08 July 2003

Network outages

The recent outages to the network were caused by building work in the Library.

Recently over the weekend 27-29 June 2003 the electrical switchboard in the Library was replaced, during which time the network was unavailable in the Division. The network comes in to the University in Building 10, goes through the Library to Building 5, then to 20 and finally Building 9, where the Division's servers and other network resources are housed.

No power in Building 8 meant the network routers and switches were down, and so there was no network communication to or from the Division.

When the power was restored to the equipment in Building 8, there was a failure in one of the vital pieces of equipment, which meant our network was down until a part could be replaced on Tuesday 1 July.

While the network was down, staff were unable to send or receive email; had no access to central file storage; and by and large could not print. There was no access to any of the Division's web servers from on or off campus, so for four days no-one had access to information about the Division and its services.

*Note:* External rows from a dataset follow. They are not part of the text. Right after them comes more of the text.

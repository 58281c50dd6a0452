-- ===== src/Uql/Optimizer/Windows.antt =====
-- `optimizeTimeWindow`. A duration is an integer of nanoseconds; its distances to the intervals, which
-- are at most a day, fit in 64 bits unless the window is within a day of the least duration.
use mathlib.Core.Path.{subst}
use mirador_core.Prelude.{
  contains, int_keys, ℕ, suc, ◌*◌, ◌/◌, ◌≡◌, refl, sym, ap, Bool, true, false, ◌&&◌, not, List, [],
  ◌∷◌, arith, if◌then◌else◌, ◌⊎◌, inl, inr, All, Bool-cases,
}
use mirador_core.Prelude.Int.{ℤ, pos, negsuc, ◌-ℤ◌, ◌<ℤ◌, ltb_ℤ, leb_ℤ}

abbrev pub minute : ℕ
minute = 60_000_000_000

abbrev pub common_intervals : List ℤ
common_intervals =
    pos minute
    ∷ pos (5 * minute)
    ∷ pos (15 * minute)
    ∷ pos (30 * minute)
    ∷ pos (60 * minute)
    ∷ pos (360 * minute)
    ∷ pos (720 * minute)
    ∷ pos (1440 * minute)
    ∷ []

-- The quotient by ten of Go, which rounds towards zero.
abbrev pub tenth_of : ℤ → ℤ
tenth_of (pos n) = pos (n / 10)
tenth_of (negsuc n) = pos 0 -ℤ pos (suc n / 10)

-- `diff` after its sign is dropped.
unfoldable pub distance : ℤ → ℤ → ℤ
distance window interval =
    let diff = window -ℤ interval in if ltb_ℤ diff (pos 0) then pos 0 -ℤ diff else diff

pub record Nearest : Type 0 where
  pub closest : ℤ
  pub min_diff : ℤ

unfoldable pub find_nearest : ℤ → List ℤ → Nearest → Nearest
unfolding distance
find_nearest window [] best = best
find_nearest window (interval ∷ intervals) best = find_nearest window intervals (
    if ltb_ℤ (distance window interval) best.min_diff
    then record { closest = interval; min_diff = distance window interval }
    else best)

abbrev pub is_zero : ℤ → Bool
is_zero z = leb_ℤ z (pos 0) && leb_ℤ (pos 0) z

-- Within the tolerance of 10 %.
abbrev pub is_accepted : ℤ → Nearest → Bool
is_accepted window best = not (is_zero best.closest) && ltb_ℤ best.min_diff (tenth_of window)

unfoldable pub optimize_time_window : ℤ → ℤ
unfolding find_nearest
optimize_time_window window =
    let best =
      find_nearest window common_intervals (record { closest = pos 0; min_diff = window }) in
    if is_accepted window best then best.closest else window

-- The nearest interval so far: none, or one of the list at its distance.
abbrev IsNearest : ℤ → (ℤ → Type 0) → Nearest → Type 0
IsNearest window P best =
    (best.closest ≡ pos 0) ⊎ (P best.closest × (best.min_diff ≡ distance window best.closest))

find_nearest-IsNearest :
    (window : ℤ) (P : ℤ → Type 0) (intervals : List ℤ) (best : Nearest)
    → All P intervals
    → IsNearest window P best
    → IsNearest window P (find_nearest window intervals best)
unfolding find_nearest
find_nearest-IsNearest window P [] best all h = h
find_nearest-IsNearest window P (interval ∷ intervals) best all h =
    find_nearest-IsNearest window P intervals _ all.1
      (step (ltb_ℤ (distance window interval) best.min_diff))
  where
    step :
        (b : Bool)
        → IsNearest window P
            (if b then record { closest = interval; min_diff = distance window interval } else best)
    step true = inr (all.0, refl)
    step false = h

abbrev IsRounded : ℤ → (ℤ → Type 0) → ℤ → Type 0
IsRounded window P r = (r ≡ window) ⊎ (P r × (distance window r <ℤ tenth_of window))

accepted :
    (window : ℤ) (P : ℤ → Type 0) (best : Nearest)
    → IsNearest window P best
    → is_accepted window best ≡ true
    → IsRounded window P best.closest
accepted window P best (inl no_interval) h = inl (ground (arith, h))
accepted window P best (inr (p, at)) h = inr (p, ground (arith, h))

choose :
    (window : ℤ) (P : ℤ → Type 0) (best : Nearest)
    → IsNearest window P best
    → IsRounded window P (if is_accepted window best then best.closest else window)
choose window P best h = elim (Bool-cases (is_accepted window best)) [
  | inl near ↦
      subst (λ (b : Bool). IsRounded window P (if b then best.closest else window)) (sym near)
        (accepted window P best h near)
  | inr far ↦
      subst (λ (b : Bool). IsRounded window P (if b then best.closest else window)) (sym far)
        (inl refl)
]

-- The window is left as it is, or becomes an interval with the property that all of them have, less
-- than a tenth of the window away from it.
rounded :
    (window : ℤ) (P : ℤ → Type 0)
    → All P common_intervals
    → IsRounded window P (optimize_time_window window)
unfolding optimize_time_window
rounded window P all =
    choose window P
      (find_nearest window common_intervals (record { closest = pos 0; min_diff = window }))
      (find_nearest-IsNearest window P common_intervals _ all (inl refl))

abbrev pub IsCommon : ℤ → Type 0
IsCommon w = contains w common_intervals ≡ true

pub optimize_time_window_lem :
    (w : ℤ)
    → (optimize_time_window w ≡ w)
      ⊎ (IsCommon (optimize_time_window w) × (distance w (optimize_time_window w) <ℤ tenth_of w))
optimize_time_window_lem w =
    rounded w IsCommon (refl, (refl, (refl, (refl, (refl, (refl, (refl, (refl, tt))))))))

abbrev pub IsStable : ℤ → Type 0
IsStable w = optimize_time_window w ≡ w

common_intervals-IsStable : All IsStable common_intervals
unfolding optimize_time_window find_nearest distance ◌-ℤ◌
common_intervals-IsStable = (refl, (refl, (refl, (refl, (refl, (refl, (refl, (refl, tt))))))))

-- A window that has been rounded is not rounded again.
pub optimize_time_window_idem :
    (w : ℤ) → optimize_time_window (optimize_time_window w) ≡ optimize_time_window w
optimize_time_window_idem w = settle (rounded w IsStable common_intervals-IsStable)
  where
    settle :
        (optimize_time_window w ≡ w)
          ⊎ (IsStable (optimize_time_window w)
              × (distance w (optimize_time_window w) <ℤ tenth_of w))
        → optimize_time_window (optimize_time_window w) ≡ optimize_time_window w
    settle (inl same) = ap optimize_time_window same
    settle (inr (stable, _)) = stable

With the network becoming an increasingly important service to the Division, such outages need to be avoided if at all possible. To minimise outages, there needs to be a more professional approach to the management of the University's network, with better network planning and the building of redundancies or alternative routes into the system.

Web servers required to be available reliably around the clock should be placed (in a network sense) as close as possible to the University's connections to the Internet so that, among other things, the availability of the Web pages is unaffected by outages within the University's internal network.

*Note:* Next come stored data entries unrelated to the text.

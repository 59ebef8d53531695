-- ===== src/Core/Simulator/Agreement/Enough.antt =====
-- The loops of `allocation_agrees` (core/src/simulator.cpp) end: the fuel of a component's loop is enough.
use sentinel_public.Prelude.{
  ℕ, zero, suc, ◌+◌, ◌≤◌, ◌≡◌, refl, Bool, true, false, not, ◌||◌, List, [], ◌∷◌, ◌++◌, Option,
  none, some, length, length-append, count_if, get_elem?, set, Except, ok, throw, throw_if, ◌>>=◌,
  invalid_argument, overflow_error, logic_error, runtime_error, out_of_fuel, Ensures, Ensures-bind,
  Ensures-if, Ensures-elim, either_branch, arith,
}
use sentinel_public.Prelude.Text.{Text, text_eq, is_empty}
use sentinel_public.Protocol.Actions.{AllocationState}
use sentinel_public.Core.Network.State.{NetworkEmulator, link_pair}
use sentinel_public.Core.Network.Links.{link_blocked}
use sentinel_public.Core.Simulator.State.{Services, Vehicle, Simulator, found}
use sentinel_public.Core.Simulator.Agreement.{
  Seat, seats, visit_from, component_of, is_current_view, matches, reference_or, view_at,
  component_agrees, components_agree, allocation_agrees,
}

-- Not the exception for fuel that has run out.
abbrev pub IsFueled {ℓ} : {A : Type ℓ} → Except A → Type 0
IsFueled (ok a) = Unit
IsFueled (throw invalid_argument) = Unit
IsFueled (throw overflow_error) = Unit
IsFueled (throw logic_error) = Unit
IsFueled (throw runtime_error) = Unit
IsFueled (throw out_of_fuel) = ⊥

module _ {ℓ κ} {A : Type ℓ} {B : Type κ} where
  IsFueled-bind :
      (m : Except A) (f : A → Except B)
      → IsFueled m
      → ((a : A) → m ≡ ok a → IsFueled (f a))
      → IsFueled (m >>= f)
  IsFueled-bind (ok a) f h k = k a refl
  IsFueled-bind (throw invalid_argument) f h k = tt
  IsFueled-bind (throw overflow_error) f h k = tt
  IsFueled-bind (throw logic_error) f h k = tt
  IsFueled-bind (throw runtime_error) f h k = tt
  IsFueled-bind (throw out_of_fuel) f h k = h

IsFueled-check : (b : Bool) → IsFueled (throw_if b invalid_argument)
IsFueled-check true = tt
IsFueled-check false = tt

IsFueled-found {ℓ} : {A : Type ℓ} (o : Option A) → IsFueled (found o)
IsFueled-found none = tt
IsFueled-found (some a) = tt

link_blocked-IsFueled : (e : NetworkEmulator) (a b : Text) → IsFueled (link_blocked e a b)
unfolding link_blocked
link_blocked-IsFueled e a b =
    IsFueled-bind (link_pair a b) _
      (IsFueled-bind (throw_if (is_empty a || (is_empty b || text_eq a b)) invalid_argument) _
        (IsFueled-check (is_empty a || (is_empty b || text_eq a b))) (λ _ _. tt))
      (λ k _. tt)

abbrev unvisited : List Seat → ℕ
unvisited = count_if (λ c. not c.visited)

unvisited-le : (cs : List Seat) → unvisited cs ≤ length cs
unvisited-le [] = omega arith
unvisited-le (c ∷ cs) = ground (arith, unvisited-le cs)

-- As many seats join the component as are visited anew.
abbrev Moves : List Seat → List Seat × List Seat → Type 0
Moves cs r = unvisited r.0 + length r.1 ≡ unvisited cs

module _ (s : Simulator) where
  visit_from-IsFueled : (v : Vehicle) (cs : List Seat) → IsFueled (visit_from s v cs)
  unfolding visit_from
  visit_from-IsFueled v [] = tt
  visit_from-IsFueled v (c ∷ cs) =
      either_branch IsFueled (not c.occupant.active || c.visited) _ _
        (IsFueled-bind (visit_from s v cs) _ (visit_from-IsFueled v cs) (λ _ _. tt))
        (IsFueled-bind (link_blocked s.network v.spec.id c.occupant.spec.id) _
          (link_blocked-IsFueled s.network v.spec.id c.occupant.spec.id)
          (λ blocked _.
            IsFueled-bind (visit_from s v cs) _ (visit_from-IsFueled v cs)
              (λ r _. either_branch IsFueled blocked _ _ tt tt)))

  visit_from-Moves : (v : Vehicle) (cs : List Seat) → Ensures (Moves cs) (visit_from s v cs)
  unfolding visit_from
  visit_from-Moves v [] = refl
  visit_from-Moves v (c ∷ cs) =
      Ensures-if (Moves (c ∷ cs)) (not c.occupant.active || c.visited) _ _
        (λ _. Ensures-bind (Moves (c ∷ cs)) (visit_from s v cs) _ (λ r e.
          skipped c cs r (Ensures-elim (Moves cs) (visit_from s v cs) (visit_from-Moves v cs) e)))
        (λ fresh.
          Ensures-bind (Moves (c ∷ cs)) (link_blocked s.network v.spec.id c.occupant.spec.id) _
            (λ blocked _. Ensures-bind (Moves (c ∷ cs)) (visit_from s v cs) _ (λ r e.
              let h = Ensures-elim (Moves cs) (visit_from s v cs) (visit_from-Moves v cs) e in
              Ensures-if (Moves (c ∷ cs)) blocked _ _ (λ _. skipped c cs r h)
                (λ _. joined c cs r (not_visited _ _ fresh) h))))
    where
      skipped :
          (c : Seat) (cs : List Seat) (r : List Seat × List Seat)
          → Moves cs r
          → Moves (c ∷ cs) (c ∷ r.0, r.1)
      skipped c cs r h = ground arith

      not_visited : (a b : Bool) → a || b ≡ false → b ≡ false
      not_visited a b h = ground arith

      joined :
          (c : Seat) (cs : List Seat) (r : List Seat × List Seat)
          → c.visited ≡ false
          → Moves cs r
          → Moves (c ∷ cs) (record c { visited = true } ∷ r.0, record c { visited = true } ∷ r.1)
      joined c cs r e h = rw e (omega (arith, h))

  component_of-IsFueled :
      (fuel : ℕ) (queue all_seats : List Seat)
      → length queue + unvisited all_seats ≤ fuel
      → IsFueled (component_of s fuel queue all_seats)
  unfolding component_of
  component_of-IsFueled fuel [] all_seats h = tt
  component_of-IsFueled zero (c ∷ queue) all_seats h = absurd (omega arith)
  component_of-IsFueled (suc fuel) (c ∷ queue) all_seats h =
      IsFueled-bind (visit_from s c.occupant all_seats) _ (visit_from-IsFueled c.occupant all_seats)
        (λ r e.
          let moved =
            Ensures-elim (Moves all_seats) (visit_from s c.occupant all_seats)
              (visit_from-Moves c.occupant all_seats) e in
          IsFueled-bind (component_of s fuel (queue ++ r.1) r.0) _
            (component_of-IsFueled fuel (queue ++ r.1) r.0
              (omega (arith, moved, length-append queue r.1)))
            (λ _ _. tt))

length-set {ℓ} : {A : Type ℓ} (xs : List A) (i : ℕ) (a : A) → length (set xs i a) ≡ length xs
length-set [] i a = refl
length-set (x ∷ xs) zero a = refl
length-set (x ∷ xs) (suc i) a = omega (arith, length-set xs i a)

module _ (env : Services) (s : Simulator) where
  component_agrees-IsFueled :
      (reference : Option AllocationState) (cs : List Seat)
      → IsFueled (component_agrees env s reference cs)
  unfolding component_agrees
  component_agrees-IsFueled reference [] = tt
  component_agrees-IsFueled reference (c ∷ cs) =
      IsFueled-bind (view_at s c.index) _ (IsFueled-found (get_elem? s.allocation_views c.index))
        (λ view _. either_branch IsFueled (not (is_current_view s c.occupant view)) _ _ tt (
          either_branch IsFueled (not (matches env view reference)) _ _ tt
            (component_agrees-IsFueled (some (reference_or view reference)) cs)))

  components_agree-IsFueled :
      (root : ℕ) (all_seats : List Seat) (left : ℕ) (any_active : Bool)
      → IsFueled (components_agree env s root all_seats left any_active)
  unfolding components_agree
  components_agree-IsFueled root all_seats zero any_active = tt
  components_agree-IsFueled root all_seats (suc left) any_active =
      IsFueled-bind (found (get_elem? all_seats root)) _ (IsFueled-found (get_elem? all_seats root))
        (λ seat _.
          either_branch IsFueled (not seat.occupant.active || seat.visited) _ _
            (components_agree-IsFueled (suc root) all_seats left any_active)
            (let entered = record seat { visited = true } in
              let marked = set all_seats root entered in
              IsFueled-bind (component_of s (suc (length all_seats)) (entered ∷ []) marked) _
                (component_of-IsFueled s (suc (length all_seats)) (entered ∷ []) marked
                  (omega (arith, unvisited-le marked, length-set all_seats root entered)))
                (λ r _.
                  IsFueled-bind (component_agrees env s none r.0) _
                    (component_agrees-IsFueled none r.0)
                    (λ agrees _.
                      either_branch IsFueled (not agrees) _ _ tt
                        (components_agree-IsFueled (suc root) r.1 left true)))))

  -- The test whether the agents' views agree never runs out of fuel: the loop over a component of the
  -- network ends within one round more than there are vehicles, whatever the links.
  pub allocation_agrees-IsFueled : IsFueled (allocation_agrees env s)
  unfolding allocation_agrees
  allocation_agrees-IsFueled =
      components_agree-IsFueled 0 (seats 0 s.vehicles) (length s.vehicles) false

Contingency planning should be undertaken to allow for the Network to be broken in one place, but services continued through alternative routing. Completing the loop between Building 9 and Building 1 may be required to help provide for alternative routes.

Centralised services would not have helped in this instance: the Division would have been unable to see the services with the Library routers down. As it was, centralised services like DHCP and WebCT were also unavailable during the outage.